■ **Work to be completed**
Starting at the line that contains "Returns (m s))" and ending at the line that contains "silent_then m k", the lines below are to be given again exactly, with nothing added.
BEGIN Exercise inputs
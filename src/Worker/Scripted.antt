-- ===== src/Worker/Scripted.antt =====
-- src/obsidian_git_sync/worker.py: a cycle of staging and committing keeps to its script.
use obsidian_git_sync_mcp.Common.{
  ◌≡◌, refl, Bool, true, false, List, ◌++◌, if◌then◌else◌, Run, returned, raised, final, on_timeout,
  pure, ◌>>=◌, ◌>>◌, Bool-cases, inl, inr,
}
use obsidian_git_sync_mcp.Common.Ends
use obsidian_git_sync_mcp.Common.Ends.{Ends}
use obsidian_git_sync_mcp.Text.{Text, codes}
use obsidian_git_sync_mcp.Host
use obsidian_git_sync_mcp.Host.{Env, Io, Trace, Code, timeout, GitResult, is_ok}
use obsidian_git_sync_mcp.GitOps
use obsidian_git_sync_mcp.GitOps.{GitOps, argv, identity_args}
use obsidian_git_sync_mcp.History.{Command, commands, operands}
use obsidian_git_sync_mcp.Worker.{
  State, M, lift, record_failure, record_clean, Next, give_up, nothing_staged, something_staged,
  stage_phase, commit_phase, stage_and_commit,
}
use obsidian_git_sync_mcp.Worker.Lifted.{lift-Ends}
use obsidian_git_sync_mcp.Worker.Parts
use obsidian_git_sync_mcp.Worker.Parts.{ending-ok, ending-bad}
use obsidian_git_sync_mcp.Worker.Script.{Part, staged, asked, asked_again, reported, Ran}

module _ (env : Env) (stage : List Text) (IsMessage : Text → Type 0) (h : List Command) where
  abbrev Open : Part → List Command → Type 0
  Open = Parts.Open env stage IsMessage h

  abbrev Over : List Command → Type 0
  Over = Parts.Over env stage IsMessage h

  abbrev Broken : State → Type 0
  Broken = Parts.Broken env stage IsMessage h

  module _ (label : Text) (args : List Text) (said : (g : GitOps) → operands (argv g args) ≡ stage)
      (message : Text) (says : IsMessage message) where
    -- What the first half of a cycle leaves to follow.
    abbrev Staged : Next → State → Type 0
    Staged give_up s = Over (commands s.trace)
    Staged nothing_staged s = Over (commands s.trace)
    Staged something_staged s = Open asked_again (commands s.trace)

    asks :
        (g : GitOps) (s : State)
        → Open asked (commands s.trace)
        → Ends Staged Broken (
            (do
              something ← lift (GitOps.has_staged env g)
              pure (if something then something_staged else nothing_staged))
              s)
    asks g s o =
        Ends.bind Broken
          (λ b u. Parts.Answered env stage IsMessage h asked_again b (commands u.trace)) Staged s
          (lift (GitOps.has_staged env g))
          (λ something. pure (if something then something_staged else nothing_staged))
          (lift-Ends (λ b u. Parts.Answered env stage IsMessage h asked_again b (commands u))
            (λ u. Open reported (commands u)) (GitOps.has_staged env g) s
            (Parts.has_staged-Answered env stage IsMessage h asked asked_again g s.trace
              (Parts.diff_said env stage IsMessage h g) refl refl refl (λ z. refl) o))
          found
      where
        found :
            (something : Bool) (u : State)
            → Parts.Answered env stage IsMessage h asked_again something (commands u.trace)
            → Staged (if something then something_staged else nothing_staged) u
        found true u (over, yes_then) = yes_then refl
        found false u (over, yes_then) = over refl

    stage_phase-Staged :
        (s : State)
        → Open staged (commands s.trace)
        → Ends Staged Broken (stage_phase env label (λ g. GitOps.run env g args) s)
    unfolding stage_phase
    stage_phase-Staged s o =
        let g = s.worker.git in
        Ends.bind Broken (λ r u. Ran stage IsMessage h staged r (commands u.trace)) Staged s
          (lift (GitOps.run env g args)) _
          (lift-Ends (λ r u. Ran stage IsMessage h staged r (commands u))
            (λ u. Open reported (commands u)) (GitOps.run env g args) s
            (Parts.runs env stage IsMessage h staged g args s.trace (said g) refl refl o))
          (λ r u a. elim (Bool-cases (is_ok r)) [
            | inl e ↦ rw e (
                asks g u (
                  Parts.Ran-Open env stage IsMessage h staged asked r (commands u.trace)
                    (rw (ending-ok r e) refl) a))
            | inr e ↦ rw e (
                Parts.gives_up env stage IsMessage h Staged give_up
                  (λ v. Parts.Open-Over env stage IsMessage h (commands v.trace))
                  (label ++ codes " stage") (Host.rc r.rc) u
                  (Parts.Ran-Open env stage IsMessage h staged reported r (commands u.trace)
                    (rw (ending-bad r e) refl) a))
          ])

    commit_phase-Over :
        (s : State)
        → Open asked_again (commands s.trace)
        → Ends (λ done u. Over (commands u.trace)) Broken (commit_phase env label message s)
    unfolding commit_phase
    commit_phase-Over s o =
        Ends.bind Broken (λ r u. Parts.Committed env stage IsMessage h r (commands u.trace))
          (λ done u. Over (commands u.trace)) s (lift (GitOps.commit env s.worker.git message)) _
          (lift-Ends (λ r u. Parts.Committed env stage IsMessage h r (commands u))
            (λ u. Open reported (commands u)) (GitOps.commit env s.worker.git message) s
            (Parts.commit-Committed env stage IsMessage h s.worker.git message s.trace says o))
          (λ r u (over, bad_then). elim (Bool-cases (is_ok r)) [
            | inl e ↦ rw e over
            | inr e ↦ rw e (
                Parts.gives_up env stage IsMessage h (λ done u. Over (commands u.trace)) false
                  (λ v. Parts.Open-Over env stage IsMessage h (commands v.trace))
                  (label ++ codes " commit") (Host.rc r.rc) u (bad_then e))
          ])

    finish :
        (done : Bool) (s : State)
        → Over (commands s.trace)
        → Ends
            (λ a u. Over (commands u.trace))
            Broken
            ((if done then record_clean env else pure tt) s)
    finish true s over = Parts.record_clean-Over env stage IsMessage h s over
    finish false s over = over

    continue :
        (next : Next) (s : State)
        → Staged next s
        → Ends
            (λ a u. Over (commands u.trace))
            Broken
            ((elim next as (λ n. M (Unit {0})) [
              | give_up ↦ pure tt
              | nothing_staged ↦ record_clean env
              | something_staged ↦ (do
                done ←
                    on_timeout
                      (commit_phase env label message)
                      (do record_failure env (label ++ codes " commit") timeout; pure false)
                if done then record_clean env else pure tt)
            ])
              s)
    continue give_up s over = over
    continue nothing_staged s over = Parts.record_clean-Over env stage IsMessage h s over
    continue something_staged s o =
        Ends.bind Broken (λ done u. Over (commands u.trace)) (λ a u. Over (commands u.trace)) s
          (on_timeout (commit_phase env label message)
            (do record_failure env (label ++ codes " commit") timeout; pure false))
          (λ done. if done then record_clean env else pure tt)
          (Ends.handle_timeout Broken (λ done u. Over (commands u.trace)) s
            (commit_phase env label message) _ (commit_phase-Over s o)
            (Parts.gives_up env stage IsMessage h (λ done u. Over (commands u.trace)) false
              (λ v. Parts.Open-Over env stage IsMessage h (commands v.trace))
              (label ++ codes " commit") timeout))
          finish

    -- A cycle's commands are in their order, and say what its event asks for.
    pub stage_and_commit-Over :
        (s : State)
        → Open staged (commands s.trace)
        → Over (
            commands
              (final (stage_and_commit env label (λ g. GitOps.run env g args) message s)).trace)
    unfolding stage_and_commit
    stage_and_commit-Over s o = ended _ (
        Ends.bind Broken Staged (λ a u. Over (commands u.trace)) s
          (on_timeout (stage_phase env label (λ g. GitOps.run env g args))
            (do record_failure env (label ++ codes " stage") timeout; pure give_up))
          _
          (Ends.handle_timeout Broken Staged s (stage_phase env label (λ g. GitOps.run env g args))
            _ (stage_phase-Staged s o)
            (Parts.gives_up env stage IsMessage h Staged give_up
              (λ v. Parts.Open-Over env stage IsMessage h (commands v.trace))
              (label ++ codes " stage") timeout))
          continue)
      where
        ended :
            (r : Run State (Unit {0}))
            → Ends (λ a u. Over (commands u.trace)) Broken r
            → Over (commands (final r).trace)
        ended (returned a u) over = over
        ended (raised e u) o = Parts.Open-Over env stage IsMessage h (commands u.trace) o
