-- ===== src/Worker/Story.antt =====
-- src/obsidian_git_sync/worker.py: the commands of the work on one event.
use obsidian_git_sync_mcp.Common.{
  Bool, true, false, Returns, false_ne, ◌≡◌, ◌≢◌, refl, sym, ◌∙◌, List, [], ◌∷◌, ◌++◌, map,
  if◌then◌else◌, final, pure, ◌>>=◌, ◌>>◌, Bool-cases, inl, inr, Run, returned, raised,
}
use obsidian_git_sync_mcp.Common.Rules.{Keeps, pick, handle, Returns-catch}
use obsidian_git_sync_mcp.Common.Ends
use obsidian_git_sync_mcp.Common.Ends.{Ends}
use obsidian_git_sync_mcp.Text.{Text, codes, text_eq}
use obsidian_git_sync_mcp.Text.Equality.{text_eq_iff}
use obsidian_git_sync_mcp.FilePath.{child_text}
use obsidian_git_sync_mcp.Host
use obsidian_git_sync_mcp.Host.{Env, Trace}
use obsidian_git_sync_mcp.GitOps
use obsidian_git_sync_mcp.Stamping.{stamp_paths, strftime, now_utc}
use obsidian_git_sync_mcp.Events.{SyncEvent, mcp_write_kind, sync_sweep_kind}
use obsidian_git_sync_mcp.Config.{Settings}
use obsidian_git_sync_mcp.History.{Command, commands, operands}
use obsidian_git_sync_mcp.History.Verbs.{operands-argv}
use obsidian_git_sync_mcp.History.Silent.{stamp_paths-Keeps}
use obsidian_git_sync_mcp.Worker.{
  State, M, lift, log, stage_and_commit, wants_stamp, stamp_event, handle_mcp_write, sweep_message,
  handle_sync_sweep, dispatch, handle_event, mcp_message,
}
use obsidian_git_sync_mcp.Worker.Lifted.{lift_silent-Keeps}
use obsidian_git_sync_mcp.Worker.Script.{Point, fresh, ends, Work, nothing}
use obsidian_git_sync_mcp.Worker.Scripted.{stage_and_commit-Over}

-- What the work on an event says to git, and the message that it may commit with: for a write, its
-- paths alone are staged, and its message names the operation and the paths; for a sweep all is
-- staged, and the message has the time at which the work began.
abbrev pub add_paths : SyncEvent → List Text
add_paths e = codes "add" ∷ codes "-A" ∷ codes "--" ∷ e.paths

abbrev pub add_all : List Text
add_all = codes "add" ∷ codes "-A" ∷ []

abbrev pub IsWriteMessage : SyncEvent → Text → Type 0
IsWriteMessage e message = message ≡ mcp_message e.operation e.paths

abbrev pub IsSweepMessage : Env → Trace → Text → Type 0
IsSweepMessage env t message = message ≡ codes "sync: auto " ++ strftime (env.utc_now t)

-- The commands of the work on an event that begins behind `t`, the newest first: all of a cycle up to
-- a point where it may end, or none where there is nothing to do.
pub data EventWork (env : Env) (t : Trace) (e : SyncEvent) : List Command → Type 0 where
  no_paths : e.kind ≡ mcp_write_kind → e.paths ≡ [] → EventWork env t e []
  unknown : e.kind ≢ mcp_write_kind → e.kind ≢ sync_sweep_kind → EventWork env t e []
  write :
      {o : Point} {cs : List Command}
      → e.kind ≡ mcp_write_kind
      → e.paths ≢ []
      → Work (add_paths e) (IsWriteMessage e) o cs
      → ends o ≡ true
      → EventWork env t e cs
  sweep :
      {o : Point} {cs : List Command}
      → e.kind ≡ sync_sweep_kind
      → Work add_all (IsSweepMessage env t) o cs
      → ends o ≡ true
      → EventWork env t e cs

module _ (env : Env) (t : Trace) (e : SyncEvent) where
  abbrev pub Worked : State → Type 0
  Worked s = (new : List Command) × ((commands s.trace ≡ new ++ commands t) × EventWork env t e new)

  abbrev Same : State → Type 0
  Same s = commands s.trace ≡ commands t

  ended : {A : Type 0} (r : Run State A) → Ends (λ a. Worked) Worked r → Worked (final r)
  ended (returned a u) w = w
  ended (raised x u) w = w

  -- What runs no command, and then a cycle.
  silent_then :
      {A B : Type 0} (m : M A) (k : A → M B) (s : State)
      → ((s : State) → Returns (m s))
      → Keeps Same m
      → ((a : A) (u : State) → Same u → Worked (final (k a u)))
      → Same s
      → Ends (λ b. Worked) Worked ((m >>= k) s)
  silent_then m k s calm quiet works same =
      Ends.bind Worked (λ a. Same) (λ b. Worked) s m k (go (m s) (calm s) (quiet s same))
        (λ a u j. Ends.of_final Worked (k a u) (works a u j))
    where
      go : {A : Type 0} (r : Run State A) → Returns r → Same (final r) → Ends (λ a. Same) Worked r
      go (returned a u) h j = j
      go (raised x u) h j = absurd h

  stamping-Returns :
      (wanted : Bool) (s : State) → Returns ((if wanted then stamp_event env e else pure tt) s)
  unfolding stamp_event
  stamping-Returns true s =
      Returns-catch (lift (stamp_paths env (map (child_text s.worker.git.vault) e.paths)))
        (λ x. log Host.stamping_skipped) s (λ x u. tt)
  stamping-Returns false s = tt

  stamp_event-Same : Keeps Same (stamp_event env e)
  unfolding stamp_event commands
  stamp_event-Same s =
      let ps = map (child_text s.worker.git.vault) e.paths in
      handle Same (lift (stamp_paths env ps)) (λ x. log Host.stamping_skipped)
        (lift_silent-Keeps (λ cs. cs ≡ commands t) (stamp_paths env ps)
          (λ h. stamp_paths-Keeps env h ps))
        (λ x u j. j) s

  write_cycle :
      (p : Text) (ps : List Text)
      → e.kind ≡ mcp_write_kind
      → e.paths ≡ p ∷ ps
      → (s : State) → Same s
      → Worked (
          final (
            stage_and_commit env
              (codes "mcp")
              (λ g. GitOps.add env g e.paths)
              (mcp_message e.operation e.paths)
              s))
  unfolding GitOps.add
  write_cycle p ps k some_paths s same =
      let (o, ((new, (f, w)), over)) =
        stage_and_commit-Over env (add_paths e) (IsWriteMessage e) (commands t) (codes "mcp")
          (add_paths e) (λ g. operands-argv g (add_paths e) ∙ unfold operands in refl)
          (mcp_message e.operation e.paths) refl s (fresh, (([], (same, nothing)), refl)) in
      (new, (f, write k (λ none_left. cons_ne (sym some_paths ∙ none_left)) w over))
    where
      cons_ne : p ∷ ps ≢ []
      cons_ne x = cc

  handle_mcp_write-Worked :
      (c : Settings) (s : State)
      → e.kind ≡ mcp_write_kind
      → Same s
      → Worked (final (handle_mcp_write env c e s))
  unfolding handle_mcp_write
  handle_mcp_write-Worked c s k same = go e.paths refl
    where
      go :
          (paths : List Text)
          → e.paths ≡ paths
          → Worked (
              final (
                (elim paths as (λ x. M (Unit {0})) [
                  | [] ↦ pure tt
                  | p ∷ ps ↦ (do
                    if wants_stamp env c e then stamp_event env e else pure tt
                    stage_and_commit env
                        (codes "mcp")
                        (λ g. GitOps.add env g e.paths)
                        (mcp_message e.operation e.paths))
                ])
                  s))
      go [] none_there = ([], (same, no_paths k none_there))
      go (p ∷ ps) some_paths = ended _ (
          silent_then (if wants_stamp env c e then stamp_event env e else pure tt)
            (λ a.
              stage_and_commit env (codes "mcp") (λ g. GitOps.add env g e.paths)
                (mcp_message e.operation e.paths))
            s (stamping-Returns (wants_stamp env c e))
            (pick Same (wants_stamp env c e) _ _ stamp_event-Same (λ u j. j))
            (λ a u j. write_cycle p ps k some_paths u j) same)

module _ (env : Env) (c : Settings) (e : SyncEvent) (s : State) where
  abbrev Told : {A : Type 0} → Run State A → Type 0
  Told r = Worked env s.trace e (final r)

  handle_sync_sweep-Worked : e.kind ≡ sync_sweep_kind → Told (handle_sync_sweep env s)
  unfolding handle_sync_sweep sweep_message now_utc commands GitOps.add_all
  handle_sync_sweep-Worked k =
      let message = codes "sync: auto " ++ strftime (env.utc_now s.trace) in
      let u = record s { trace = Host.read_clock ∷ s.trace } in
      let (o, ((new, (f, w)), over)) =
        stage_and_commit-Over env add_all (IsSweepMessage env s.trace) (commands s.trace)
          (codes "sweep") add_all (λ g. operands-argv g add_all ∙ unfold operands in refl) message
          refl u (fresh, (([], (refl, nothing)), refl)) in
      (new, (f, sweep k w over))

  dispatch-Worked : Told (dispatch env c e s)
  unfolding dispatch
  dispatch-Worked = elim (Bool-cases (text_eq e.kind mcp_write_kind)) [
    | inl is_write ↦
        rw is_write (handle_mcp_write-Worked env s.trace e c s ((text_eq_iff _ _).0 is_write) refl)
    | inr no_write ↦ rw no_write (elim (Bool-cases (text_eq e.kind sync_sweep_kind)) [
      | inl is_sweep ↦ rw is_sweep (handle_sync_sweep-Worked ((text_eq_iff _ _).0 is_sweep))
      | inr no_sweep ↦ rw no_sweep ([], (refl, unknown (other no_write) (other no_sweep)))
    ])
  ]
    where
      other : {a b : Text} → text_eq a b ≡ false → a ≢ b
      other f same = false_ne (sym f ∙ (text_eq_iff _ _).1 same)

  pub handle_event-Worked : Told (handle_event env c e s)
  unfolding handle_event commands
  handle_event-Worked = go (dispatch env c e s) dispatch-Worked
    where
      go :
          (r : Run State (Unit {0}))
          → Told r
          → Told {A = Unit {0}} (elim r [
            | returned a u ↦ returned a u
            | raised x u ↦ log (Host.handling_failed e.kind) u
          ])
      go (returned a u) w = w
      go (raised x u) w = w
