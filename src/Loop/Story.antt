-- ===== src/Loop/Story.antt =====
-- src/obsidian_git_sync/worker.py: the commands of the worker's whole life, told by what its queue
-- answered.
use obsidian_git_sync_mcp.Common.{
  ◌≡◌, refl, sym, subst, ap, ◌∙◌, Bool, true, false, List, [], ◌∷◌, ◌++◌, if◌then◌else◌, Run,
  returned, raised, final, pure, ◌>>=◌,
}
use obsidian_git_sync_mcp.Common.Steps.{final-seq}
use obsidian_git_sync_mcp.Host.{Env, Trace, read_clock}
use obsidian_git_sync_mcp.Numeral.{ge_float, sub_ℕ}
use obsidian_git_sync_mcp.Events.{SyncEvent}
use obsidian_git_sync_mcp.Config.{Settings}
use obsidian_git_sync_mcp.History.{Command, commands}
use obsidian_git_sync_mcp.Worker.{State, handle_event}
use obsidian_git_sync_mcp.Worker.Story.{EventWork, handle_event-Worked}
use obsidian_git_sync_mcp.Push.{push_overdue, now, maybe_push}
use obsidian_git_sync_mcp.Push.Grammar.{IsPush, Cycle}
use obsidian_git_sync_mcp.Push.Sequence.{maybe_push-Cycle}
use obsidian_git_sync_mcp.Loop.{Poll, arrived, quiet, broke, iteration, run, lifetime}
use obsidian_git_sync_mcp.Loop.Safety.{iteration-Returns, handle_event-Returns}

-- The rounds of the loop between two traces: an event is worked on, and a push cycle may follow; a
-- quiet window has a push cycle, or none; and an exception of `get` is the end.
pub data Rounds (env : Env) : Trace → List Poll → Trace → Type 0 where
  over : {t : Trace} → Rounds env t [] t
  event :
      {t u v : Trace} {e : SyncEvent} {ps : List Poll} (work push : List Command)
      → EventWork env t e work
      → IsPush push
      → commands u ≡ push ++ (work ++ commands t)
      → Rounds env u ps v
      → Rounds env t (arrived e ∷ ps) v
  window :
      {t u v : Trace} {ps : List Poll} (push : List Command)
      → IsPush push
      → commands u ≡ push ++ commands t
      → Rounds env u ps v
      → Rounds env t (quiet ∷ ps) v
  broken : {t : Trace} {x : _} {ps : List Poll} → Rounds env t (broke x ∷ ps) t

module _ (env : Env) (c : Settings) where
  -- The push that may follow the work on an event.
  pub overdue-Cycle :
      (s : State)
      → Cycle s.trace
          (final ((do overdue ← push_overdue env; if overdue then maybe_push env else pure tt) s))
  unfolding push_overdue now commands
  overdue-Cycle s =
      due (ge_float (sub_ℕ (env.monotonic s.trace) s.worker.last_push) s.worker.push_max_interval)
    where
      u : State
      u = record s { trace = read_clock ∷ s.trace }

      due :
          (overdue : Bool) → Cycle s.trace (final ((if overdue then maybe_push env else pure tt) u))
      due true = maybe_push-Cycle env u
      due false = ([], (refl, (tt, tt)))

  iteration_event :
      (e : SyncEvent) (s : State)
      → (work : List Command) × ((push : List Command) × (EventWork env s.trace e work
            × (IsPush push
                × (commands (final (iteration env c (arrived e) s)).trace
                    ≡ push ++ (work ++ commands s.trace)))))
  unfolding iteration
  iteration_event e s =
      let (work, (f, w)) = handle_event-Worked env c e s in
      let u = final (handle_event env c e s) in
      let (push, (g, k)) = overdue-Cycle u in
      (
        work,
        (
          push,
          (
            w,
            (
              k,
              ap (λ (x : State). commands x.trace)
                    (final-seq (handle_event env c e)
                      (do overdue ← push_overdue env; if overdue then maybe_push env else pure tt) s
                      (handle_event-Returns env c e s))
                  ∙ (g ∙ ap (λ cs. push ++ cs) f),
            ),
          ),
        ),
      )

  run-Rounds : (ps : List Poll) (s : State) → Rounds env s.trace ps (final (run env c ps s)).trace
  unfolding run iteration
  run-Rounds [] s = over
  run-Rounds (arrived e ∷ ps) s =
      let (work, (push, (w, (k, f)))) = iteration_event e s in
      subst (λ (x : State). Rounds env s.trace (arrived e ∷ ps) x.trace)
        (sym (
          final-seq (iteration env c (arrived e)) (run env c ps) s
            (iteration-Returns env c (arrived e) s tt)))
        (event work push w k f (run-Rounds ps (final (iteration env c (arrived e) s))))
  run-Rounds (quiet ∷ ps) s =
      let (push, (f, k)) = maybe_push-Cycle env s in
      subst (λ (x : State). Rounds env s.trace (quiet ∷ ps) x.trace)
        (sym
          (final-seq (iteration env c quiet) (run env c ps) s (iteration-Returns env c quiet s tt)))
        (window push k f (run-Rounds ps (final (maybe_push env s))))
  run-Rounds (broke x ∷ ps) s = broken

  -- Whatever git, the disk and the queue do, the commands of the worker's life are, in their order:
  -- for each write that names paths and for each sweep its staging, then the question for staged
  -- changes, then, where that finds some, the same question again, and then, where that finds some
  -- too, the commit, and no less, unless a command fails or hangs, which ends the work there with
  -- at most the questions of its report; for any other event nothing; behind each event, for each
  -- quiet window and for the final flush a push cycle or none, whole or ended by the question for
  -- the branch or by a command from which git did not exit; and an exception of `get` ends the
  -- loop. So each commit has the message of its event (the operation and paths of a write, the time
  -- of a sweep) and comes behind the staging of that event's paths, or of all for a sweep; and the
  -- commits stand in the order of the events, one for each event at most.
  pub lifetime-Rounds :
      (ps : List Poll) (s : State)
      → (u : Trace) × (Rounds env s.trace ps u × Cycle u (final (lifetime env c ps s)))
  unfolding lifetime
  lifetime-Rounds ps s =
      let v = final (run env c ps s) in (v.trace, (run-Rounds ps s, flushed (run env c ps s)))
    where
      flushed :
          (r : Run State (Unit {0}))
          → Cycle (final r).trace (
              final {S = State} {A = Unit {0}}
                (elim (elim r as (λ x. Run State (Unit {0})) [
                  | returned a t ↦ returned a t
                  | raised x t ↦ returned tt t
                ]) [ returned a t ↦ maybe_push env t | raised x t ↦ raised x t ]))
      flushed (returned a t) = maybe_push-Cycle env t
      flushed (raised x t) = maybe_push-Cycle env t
END Exercise inputs
■ **Answer to the exercise**
      → ((s : State) → Returns (m s))
      → Keeps Same m
      → ((a : A) (u : State) → Same u → Worked (final (k a u)))
      → Same s
      → Ends (λ b. Worked) Worked ((m >>= k) s)
  silent_then m k s calm quiet works same =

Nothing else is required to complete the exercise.